# PSU  fan noise -> replace fan/ PSU ?



## z3r0 (Sep 9, 2014)

My PSU fan had started making lot of noise. It is a sleeve based bearing Fan. I tried using sewing machine oil to silence it, it was running without noise for a couple of months and the noise started once again.

My current PSU is : *Cooler Master Extreme Power 600W Power Supply*

1) Can you please suggest whether I can replace the fan alone, if yes, can I buy any 120mm Fan or what spec should I check ?

The existing fan in the PSU is:
Model Part Number: AD1212US-A71GL, 12 Volts, Current 0.5A
Service Unavailable

2)  If I have to replace whole PSU, can you suggest some good PSU for my current PC config below. Budget: Rs.3000 to 5000 (should be able to support any future upgrades )

*My PC Config:*
*Processor: *Intel E8400
*Mother Board:*Abit IP35E
*RAM:* Corsair 2*1GB(800MHz) - TWIN2X2048-6400
*Graphics Card:* Sapphire HD5670 1GDDR5 PCI - E HDMI/DVI-I/DP
*HDD:* Western Digital Caviar SE16 320GB 7200RPM 16MB (WD3200AAKS
*Cabinet:* Cooler Master Elite 330 Computer Case
*DVD Writer:* Samsung SH -S203 SATA DVD RW or Lite - On 20X With Light Scribe
*UPS*: APC 650VA


----------



## quicky008 (Sep 9, 2014)

that CM psu is not considered reliable-it will be a better idea to replace your entire psu rather than getting its fan repaired.Look for Antec VP450p-i think it will suffice for your needs.


----------



## johnjoyjoe1979 (Sep 10, 2014)

quicky008 said:


> that CM psu is not considered reliable-it will be a better idea to replace your entire psu rather than getting its fan repaired.Look for Antec VP450p-i think it will suffice for your needs.



Antec VP450P cables are too short so its better to go with Corsair CX500 @ 3600.


----------



## harshilsharma63 (Sep 10, 2014)

Yes, the fan can be replaced yourself but it will void the warranty. All you need to do is cut the wires powering the existing fan, get a new 120 mm fan and solder the cables together.


----------



## z3r0 (Sep 11, 2014)

Thanks for the answers, the current Cooler Master PSU was bought in 2008. It is running without problems so far. Considering my area is prone to lot of power fluctuations !

I am considering to buy a new PSU, may be will repair the fan keep the CM as standby PSU.
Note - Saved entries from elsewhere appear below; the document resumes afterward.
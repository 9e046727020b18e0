-- ===== src/Formats/Table/Layout.antt =====
-- The layout that the parsers expect, as a function that writes it, and its fields read back.
use fuse_nx.Prelude.{
  ℕ, zero, suc, ◌+◌, ◌*◌, ◌^◌, ◌<◌, ◌≡◌, refl, ap, ◌∙◌, arith, List, [], ◌∷◌, ◌++◌, append_assoc,
  length, length-append, take, drop, some,
}
use fuse_nx.Prelude.Bytes.{le, field_at, to_le, le-to_le, length-to_le}
use fuse_nx.Prelude.Slices.{take-append, drop-append, take_all}
use fuse_nx.Formats.Table.{Entry, c_string, entries_of}

-- A field behind `xs`, and a field that is `xs`.
pub drop_next : (m : ℕ) (xs ys : List ℕ) → length xs ≡ m → drop m (xs ++ ys) ≡ ys
drop_next m xs ys h =
    drop-append m xs ys (omega arith) ∙ ap (λ (k : ℕ). drop k ys) {y = 0} (omega arith)

pub field_at_next :
    (m o n : ℕ) (xs ys : List ℕ) → length xs ≡ m → field_at (m + o) n (xs ++ ys) ≡ field_at o n ys
field_at_next m o n xs ys h =
    ap (λ zs. le (take n zs))
      (drop-append (m + o) xs ys (omega arith) ∙ ap (λ (k : ℕ). drop k ys) {y = o} (omega arith))

pub field_at_head : (n : ℕ) (xs ys : List ℕ) → length xs ≡ n → field_at 0 n (xs ++ ys) ≡ le xs
field_at_head n xs ys h = ap le (take-append n xs ys (omega arith) ∙ take_all n xs (omega arith))

-- Every entry's name, terminated.
abbrev pub names_of : List Entry → List ℕ
names_of [] = []
names_of (e ∷ es) = e.name ++ (0 ∷ names_of es)

-- An entry of the table, with `tail` for the bytes that are not read.
unfoldable pub entry_bytes : List ℕ → ℕ → Entry → List ℕ
entry_bytes tail name_offset e =
    to_le 8 e.offset ++ (to_le 8 e.size ++ (to_le 4 name_offset ++ tail))

-- The table of entries whose names start at `k` in the name table.
unfoldable pub table_of : List ℕ → ℕ → List Entry → List ℕ
table_of tail k [] = []
table_of tail k (e ∷ es) = entry_bytes tail k e ++ table_of tail (k + length e.name + 1) es

abbrev pub IsName : List ℕ → Type 0
IsName [] = Unit {0}
IsName (c ∷ cs) = (0 < c) × IsName cs

-- Offsets and sizes of 64 bits, and names without a zero.
abbrev pub AreEntries : List Entry → Type 0
AreEntries [] = Unit {0}
AreEntries (e ∷ es) = (e.offset < 2 ^ 64) × (e.size < 2 ^ 64) × IsName e.name × AreEntries es

pub c_string-IsName : (name rest : List ℕ) → IsName name → c_string (name ++ (0 ∷ rest)) ≡ some name
unfolding c_string
c_string-IsName [] rest h = refl
c_string-IsName (zero ∷ cs) rest h = absurd (omega arith)
c_string-IsName (suc c ∷ cs) rest h = rw (c_string-IsName cs rest h.1) refl

module _ (tail : List ℕ) where
  length-entry_bytes : (k : ℕ) (e : Entry) → length (entry_bytes tail k e) ≡ 20 + length tail
  unfolding entry_bytes
  length-entry_bytes k e = omega (
    arith,
    length-append (to_le 8 e.offset) (to_le 8 e.size ++ (to_le 4 k ++ tail)),
    length-append (to_le 8 e.size) (to_le 4 k ++ tail),
    length-append (to_le 4 k) tail,
    length-to_le 8 e.offset,
    length-to_le 8 e.size,
    length-to_le 4 k,
  )

  pub length-table_of :
      (k : ℕ) (es : List Entry) → length (table_of tail k es) ≡ length es * (20 + length tail)
  unfolding table_of
  length-table_of k [] = omega arith
  length-table_of k (e ∷ es) = omega (
    arith,
    length-append (entry_bytes tail k e) (table_of tail (k + length e.name + 1) es),
    length-entry_bytes k e,
    length-table_of (k + length e.name + 1) es,
  )

  entry_fields :
      (k : ℕ) (e : Entry) (rest : List ℕ)
      → e.offset < 2 ^ 64
      → e.size < 2 ^ 64
      → k < 2 ^ 32
      → (field_at 0 8 (entry_bytes tail k e ++ rest) ≡ e.offset)
        × (field_at 8 8 (entry_bytes tail k e ++ rest) ≡ e.size)
        × (field_at 16 4 (entry_bytes tail k e ++ rest) ≡ k)
        × (drop (20 + length tail) (entry_bytes tail k e ++ rest) ≡ rest)
  unfolding entry_bytes
  entry_fields k e rest ho hs hk = (
    rw regroup (field_at_head 8 first _ first-length ∙ le-to_le 8 e.offset ho),
    rw regroup (
        field_at_next 8 0 8 first _ first-length
        ∙ (field_at_head 8 second _ second-length ∙ le-to_le 8 e.size hs)),
    rw regroup (
        field_at_next 8 8 4 first _ first-length
        ∙ (field_at_next 8 0 4 second _ second-length
            ∙ (field_at_head 4 third _ (length-to_le 4 k) ∙ le-to_le 4 k hk))),
    drop_next (20 + length tail) (entry_bytes tail k e) rest (length-entry_bytes k e),
  )
    where
      first : List ℕ
      first = to_le 8 e.offset

      second : List ℕ
      second = to_le 8 e.size

      third : List ℕ
      third = to_le 4 k

      first-length : length first ≡ 8
      first-length = length-to_le 8 e.offset

      second-length : length second ≡ 8
      second-length = length-to_le 8 e.size

      regroup : entry_bytes tail k e ++ rest ≡ first ++ (second ++ (third ++ (tail ++ rest)))
      regroup = simp append_assoc

  -- The loop reads back the entries of a table that was laid out so.
  pub entries_of-table_of :
      (k : ℕ) (es : List Entry) (before after : List ℕ)
      → length before ≡ k
      → AreEntries es
      → k + length (names_of es) < 2 ^ 32
      → entries_of
          (20 + length tail)
          (length es)
          (table_of tail k es)
          (before ++ (names_of es ++ after))
        ≡ some es
  unfolding entries_of table_of
  entries_of-table_of k [] before after at h fits = refl
  entries_of-table_of k (e ∷ es) before after at h fits =
      let rest-eq =
        entries_of-table_of (k + length e.name + 1) es before' after
          (omega (arith, length-append before (e.name ++ (0 ∷ [])), length-append e.name (0 ∷ [])))
          h.3 (omega (arith, length-append e.name (0 ∷ names_of es))) in
      rw (fields.2, fields.0, fields.1, fields.3, name-eq, regroup, rest-eq) refl
    where
      rest : List ℕ
      rest = table_of tail (k + length e.name + 1) es

      fields :
          (field_at 0 8 (entry_bytes tail k e ++ rest) ≡ e.offset)
          × (field_at 8 8 (entry_bytes tail k e ++ rest) ≡ e.size)
          × (field_at 16 4 (entry_bytes tail k e ++ rest) ≡ k)
          × (drop (20 + length tail) (entry_bytes tail k e ++ rest) ≡ rest)
      fields = entry_fields k e rest h.0 h.1 (omega arith)

      names : List ℕ
      names = before ++ (names_of (e ∷ es) ++ after)

      name-eq : c_string (drop k names) ≡ some e.name
      name-eq =
          ap c_string (drop_next k before _ at ∙ append_assoc e.name (0 ∷ names_of es) after)
          ∙ c_string-IsName e.name (names_of es ++ after) h.2

      before' : List ℕ
      before' = before ++ (e.name ++ (0 ∷ []))

      regroup : names ≡ before' ++ (names_of es ++ after)
      regroup = simp append_assoc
I am in a dilemma between: *Seasonic S12II 430 Watts PSU  & Antec Antec VP450p.*

My requirements are the PSU:
should be able to handle seviour power fluctuations, without burning out/ blowing up capacitors inside
should fit into my current cabinet Cabinet:* Cooler Master Elite 330 Computer Case* without problems
should be silent. I guess the Seasonic has a ball bearing based fan.. will start making noise sooner ?
should survive at least the next 5 years


----------



## vibhubhardwaj85970 (Sep 11, 2014)

brother for talking of topic but i have a qustion is your processor working fine? thinking of buying it as righ now using e5400 wat do you think pls tell


----------



## johnjoyjoe1979 (Sep 11, 2014)

Seasonic S12II 430 Watts PSU is best suited to your purpose.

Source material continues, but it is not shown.